*** DATA FOR THIS EXERCISE

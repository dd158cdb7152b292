-- ===== src/Dummy/Io.antt =====
-- Reads, writes and sums of the dummy backend, and closing and destroying its contexts.
use cachercise.Base.{
  ℕ, ◌/◌, ◌≡◌, ◌≢◌, refl, true, false, none, some, List, arith, ◌==◌, Option-cases, inl, inr,
}
use native.Mathlib.Decide.{ℕ_discrete}
use cachercise.Base.Run.{Fault, ok, fault, undefined, Yields, Run-cases}
use cachercise.Common.{success, Ptr, write, sign_extend}
use cachercise.Hoard.{Hoard}
use cachercise.Hoard
use cachercise.Dummy.Memory.{
  Env, Context, Heap, emit, context, free_context, hoard, set_hoard, json_put, mutex_free,
  mutex_lock, mutex_unlock,
}
use cachercise.Dummy.Ownership.{
  live, IsHeap, emit-IsHeap, set_hoard-IsHeap, Deleted, finalize-Deleted, hoard_live,
}
use cachercise.Dummy.{close_cache, destroy_cache, io}

context-some : (p : Ptr) (c : Context) (w : Heap) → w.contexts p ≡ some c → context p w ≡ ok c
unfolding context
context-some p c w e = rw e

hoard-some : (p : Ptr) (h : Hoard) (w : Heap) → w.hoards p ≡ some h → hoard p w ≡ ok h
unfolding hoard
hoard-some p c w e = rw e

-- Closing a context in use of a well-formed heap succeeds, and gives back that context and its hoard,
-- if it has one, and no other; the heap stays well formed.
pub close_cache-Deleted :
    (p : Ptr) (c : Context) (w : Heap)
    → IsHeap w
    → w.contexts p ≡ some c
    → (w' : Heap) × (close_cache p w ≡ ok (success, w')) × Deleted p c w w'
unfolding close_cache emit
close_cache-Deleted p c w i e =
    let (w', run, d) =
      finalize-Deleted p c (emit (json_put c.config) w) (emit-IsHeap (json_put c.config) w i) e in
    (
      free_context p w',
      rw (context-some p c w e, run),
      record { heap = d.heap; contexts = d.contexts; hoards = d.hoards },
    )

-- Destroying a context in use of a well-formed heap succeeds, and gives back that context and its
-- hoard, if it has one, and no other; the heap stays well formed.
pub destroy_cache-Deleted :
    (p : Ptr) (c : Context) (w : Heap)
    → IsHeap w
    → w.contexts p ≡ some c
    → (w' : Heap) × (destroy_cache p w ≡ ok (success, w')) × Deleted p c w w'
unfolding destroy_cache emit free_context
destroy_cache-Deleted p c w i e =
    let (w', run, d) =
      finalize-Deleted p c (emit (json_put c.config) w) (emit-IsHeap (json_put c.config) w i) e in
    (
      emit (mutex_free c.hoard_mutex) (free_context p w'),
      rw (context-some p c w e, run),
      record {
        heap = emit-IsHeap (mutex_free c.hoard_mutex) (free_context p w') d.heap;
        contexts = d.contexts;
        hoards = d.hoards;
      },
    )

-- The heap after a write of `h'` to the hoard of `c`.
abbrev pub after_write : Context → Hoard → Heap → Heap
after_write c h' w =
    emit (mutex_unlock c.hoard_mutex) (set_hoard c.h h' (emit (mutex_lock c.hoard_mutex) w))

after_write-IsHeap :
    (c : Context) (h' : Hoard) (w : Heap)
    → IsHeap w
    → hoard_live w c.h ≡ true
    → IsHeap (after_write c h' w)
unfolding emit
after_write-IsHeap c h' w i l =
    emit-IsHeap (mutex_unlock c.hoard_mutex) (set_hoard c.h h' (emit (mutex_lock c.hoard_mutex) w))
      (set_hoard-IsHeap c.h h' (emit (mutex_lock c.hoard_mutex) w)
        (emit-IsHeap (mutex_lock c.hoard_mutex) w i) l)

module _ (env : Env) (p : Ptr) (c : Context) (w : Heap) (is : w.contexts p ≡ some c) where
  pub io_write-put :
      (h h' : Hoard) (count offset kind ret : ℕ) (scratch : List ℕ)
      → kind ≡ write
      → w.hoards c.h ≡ some h
      → Hoard.put env.vector_max h scratch (count / 8) offset ≡ ok (ret, h')
      → io env p count offset scratch kind w ≡ ok (sign_extend ret, scratch, after_write c h' w)
  unfolding io
  io_write-put h h' count offset kind ret scratch k a b =
      rw (k, context-some p c w is, hoard-some c.h h w a, b)

  pub io_read-get :
      (h : Hoard) (count offset kind ret : ℕ) (scratch scratch' : List ℕ)
      → kind ≢ write
      → w.hoards c.h ≡ some h
      → Hoard.get h scratch (count / 8) offset ≡ ok (ret, scratch')
      → io env p count offset scratch kind w ≡ ok (sign_extend ret, scratch', w)
  unfolding io
  io_read-get h count offset kind ret scratch scratch' k a b =
      let other : (kind == write) ≡ false = ground arith in
      rw (context-some p c w is, other, hoard-some c.h h w a, b)

  pub io_write-fault :
      (h : Hoard) (count offset kind : ℕ) (scratch : List ℕ) (e : Fault)
      → kind ≡ write
      → w.hoards c.h ≡ some h
      → Hoard.put env.vector_max h scratch (count / 8) offset ≡ fault e
      → io env p count offset scratch kind w ≡ fault e
  unfolding io
  io_write-fault h count offset kind scratch e k a b =
      rw (k, context-some p c w is, hoard-some c.h h w a, b)

  pub io_read-fault :
      (h : Hoard) (count offset kind : ℕ) (scratch : List ℕ) (e : Fault)
      → kind ≢ write
      → w.hoards c.h ≡ some h
      → Hoard.get h scratch (count / 8) offset ≡ fault e
      → io env p count offset scratch kind w ≡ fault e
  unfolding io
  io_read-fault h count offset kind scratch e k a b =
      let other : (kind == write) ≡ false = ground arith in
      rw (context-some p c w is, other, hoard-some c.h h w a, b)

  pub io-no_hoard :
      (count offset kind : ℕ) (scratch : List ℕ)
      → w.hoards c.h ≡ none
      → io env p count offset scratch kind w ≡ fault undefined
  unfolding io hoard
  io-no_hoard count offset kind scratch n = rw (context-some p c w is) (ground arith)

  -- Whatever is transferred, the heap stays well formed, with the same contexts in use.
  pub io-keeps :
      (count offset kind : ℕ) (scratch : List ℕ)
      → IsHeap w
      → Yields
          (λ (n, s, w'). IsHeap w' × ((q : Ptr) → live w' q ≡ live w q))
          (io env p count offset scratch kind w)
  unfolding set_hoard emit
  io-keeps count offset kind scratch i = elim (Option-cases (w.hoards c.h)) [
    | inl n ↦ rw (io-no_hoard count offset kind scratch n) tt
    | inr (h, a) ↦ elim (ℕ_discrete kind write) [
      | yes k ↦ elim (Run-cases (Hoard.put env.vector_max h scratch (count / 8) offset)) [
        | inl ((ret, h'), r) ↦
            rw (io_write-put h h' count offset kind ret scratch k a r)
              (after_write-IsHeap c h' w i (ground arith), λ q. refl)
        | inr (e, r) ↦ rw (io_write-fault h count offset kind scratch e k a r) tt
      ]
      | no k ↦ elim (Run-cases (Hoard.get h scratch (count / 8) offset)) [
        | inl ((ret, scratch'), r) ↦
            rw (io_read-get h count offset kind ret scratch scratch' k a r) (i, λ q. refl)
        | inr (e, r) ↦ rw (io_read-fault h count offset kind scratch e k a r) tt
      ]
    ]
  ]
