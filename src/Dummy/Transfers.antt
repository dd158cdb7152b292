-- ===== src/Dummy/Transfers.antt =====
-- Transfers of one 64-bit item through the dummy backend, as the provider asks for them: `scratch`
-- is a buffer of a single `int64_t`.
use cachercise.Base.{
  ℕ, ◌+◌, ◌*◌, ◌/◌, ◌^◌, ◌<◌, ◌≤◌, ◌≡◌, refl, some, List, [], ◌∷◌, arith, length, get_elem?, ◌∙◌,
  ap,
}
use native.Mathlib.Decide.{ℕ_discrete}
use cachercise.Base.Run.{Run, Fault, ok, fault, undefined}
use cachercise.Common.{Ptr, write, read}
use cachercise.Hoard.{Hoard}
use cachercise.Hoard.Bounds.{InRange, Got, get-Got, copied, out_of_bounds, put-fault, put-negative}
use cachercise.Hoard.Contents.{get-put}
use cachercise.Dummy.Memory.{Env, Context, Heap, emit, set_hoard}
use cachercise.Dummy.Io.{after_write, io_write-put, io_read-get, io_write-fault, io_read-fault}
use cachercise.Dummy.{io}

-- A list of one element is known by that element.
pub single : (xs : List ℕ) (v : ℕ) → length xs ≡ 1 → get_elem? xs 0 ≡ some v → xs ≡ v ∷ []
single [] v l e = absurd (omega arith)
single (x ∷ []) v l e = ground arith
single (x ∷ y ∷ xs) v l e = absurd (omega arith)

out :
    {h dest : List ℕ} {count offset : ℕ} {r : Run (ℕ × List ℕ)}
    → Got h dest count offset r
    → ¬ InRange h dest count offset
    → r ≡ fault undefined
out (copied dest' i e c) n = absurd (n i)
out (out_of_bounds i e) n = e

pub contexts-after_write :
    (c : Context) (h' : Hoard) (w : Heap) (p : Ptr)
    → w.contexts p ≡ some c
    → (after_write c h' w).contexts p ≡ some c
unfolding emit set_hoard
contexts-after_write c h' w p e = e

pub hoards-after_write :
    (c : Context) (h' : Hoard) (w : Heap) → (after_write c h' w).hoards c.h ≡ some h'
unfolding emit set_hoard
hoards-after_write c h' w = ground arith

-- Transfers on a context `c` in use at `p`.
module _ (env : Env) (p : Ptr) (c : Context) (w : Heap) (is : w.contexts p ≡ some c) where
  -- What is written to an offset of a cache is what is read back from it: on a context in use whose
  -- hoard `h` and vector limit leave room for the offset, writing one item succeeds, and reading
  -- the same offset of the heap that the write leaves succeeds and gives the item back, whatever
  -- the buffer held before. Both return 1.
  pub read-write :
      (h : Hoard) (offset v old : ℕ)
      → w.hoards c.h ≡ some h
      → env.vector_max < 2 ^ 63
      → (length h + offset + 1) * 2 ≤ env.vector_max
      → (w' : Heap) × (io env p 8 offset (v ∷ []) write w ≡ ok (1, v ∷ [], w'))
        × (io env p 8 offset (old ∷ []) read w' ≡ ok (1, v ∷ [], w'))
  read-write h offset v old a b f =
      let (h', d, put_run, get_run, l, elems) =
        get-put env.vector_max h (v ∷ []) (old ∷ []) 1 offset
          (record { addressable = b; room = f; buffer = omega arith }) (omega arith) in
      let e : d ≡ v ∷ [] = single d v l (elems 0) in
      (
        after_write c h' w,
        io_write-put env p c w is h h' 8 offset write 1 (v ∷ []) refl a put_run,
        io_read-get env p c (after_write c h' w) (contexts-after_write c h' w p is) h' 8 offset read
            1 (old ∷ []) (v ∷ []) (λ k. omega arith) (hoards-after_write c h' w)
            (get_run ∙ ap (λ (t : List ℕ). ok (1, t)) e),
      )

  -- On a context in use with a hoard, a count of two items or more overruns the single `int64_t`
  -- behind `scratch`: whatever the kind, and at any offset from which the range does not wrap round,
  -- the transfer is a fault.
  pub io-overrun :
      (h : Hoard) (count offset kind v : ℕ)
      → w.hoards c.h ≡ some h
      → 16 ≤ count
      → length h < 2 ^ 64
      → offset + count / 8 ≤ 2 ^ 64
      → (e : Fault) × (io env p count offset (v ∷ []) kind w ≡ fault e)
  io-overrun h count offset kind v a b l r = elim (ℕ_discrete kind write) [
    | yes k ↦
        let (e, f) = put-fault env.vector_max h (v ∷ []) (count / 8) offset (omega arith) in
        (e, io_write-fault env p c w is h count offset kind (v ∷ []) e k a f)
    | no k ↦ (
      undefined,
      io_read-fault env p c w is h count offset kind (v ∷ []) undefined k a
          (out (get-Got h (v ∷ []) (count / 8) offset l r) λ t. omega arith),
    )
  ]

  -- On a context in use with a hoard, a read of one item at or past the end of the hoard is not
  -- refused: it is undefined.
  pub io-past_end :
      (h : Hoard) (offset v : ℕ)
      → w.hoards c.h ≡ some h
      → length h ≤ offset
      → offset < 2 ^ 64
      → io env p 8 offset (v ∷ []) read w ≡ fault undefined
  io-past_end h offset v a l r =
      io_read-fault env p c w is h 8 offset read (v ∷ []) undefined (λ k. omega arith) a
        (out (get-Got h (v ∷ []) 1 offset (omega arith) (omega arith)) λ t. omega arith)

  -- On a context in use with a hoard within the vector limit, a write of one item or more at a
  -- negative offset, which is one from 2 ^ 63 on as a `size_t`, is a fault.
  pub io-negative :
      (h : Hoard) (count offset v : ℕ)
      → w.hoards c.h ≡ some h
      → 8 ≤ count
      → 2 ^ 63 ≤ offset
      → offset < 2 ^ 64
      → length h ≤ env.vector_max
      → env.vector_max < 2 ^ 63
      → (e : Fault) × (io env p count offset (v ∷ []) write w ≡ fault e)
  io-negative h count offset v a b lo hi l m =
      let (e, f) =
        put-negative env.vector_max h (v ∷ []) (count / 8) offset (omega arith) lo hi l m in
      (e, io_write-fault env p c w is h count offset write (v ∷ []) e refl a f)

******

TASK DESCRIPTION
Set down, exactly and in full, the lines from the one containing "io-past_end h offset" through the end of the entries; no other line belongs.

YOUR RESPONSE
  io-past_end h offset v a l r =
      io_read-fault env p c w is h 8 offset read (v ∷ []) undefined (λ k. omega arith) a
        (out (get-Got h (v ∷ []) 1 offset (omega arith) (omega arith)) λ t. omega arith)

  -- On a context in use with a hoard within the vector limit, a write of one item or more at a
  -- negative offset, which is one from 2 ^ 63 on as a `size_t`, is a fault.
  pub io-negative :
      (h : Hoard) (count offset v : ℕ)
      → w.hoards c.h ≡ some h
      → 8 ≤ count
      → 2 ^ 63 ≤ offset
      → offset < 2 ^ 64
      → length h ≤ env.vector_max
      → env.vector_max < 2 ^ 63
      → (e : Fault) × (io env p count offset (v ∷ []) write w ≡ fault e)
  io-negative h count offset v a b lo hi l m =
      let (e, f) =
        put-negative env.vector_max h (v ∷ []) (count / 8) offset (omega arith) lo hi l m in
      (e, io_write-fault env p c w is h count offset write (v ∷ []) e refl a f)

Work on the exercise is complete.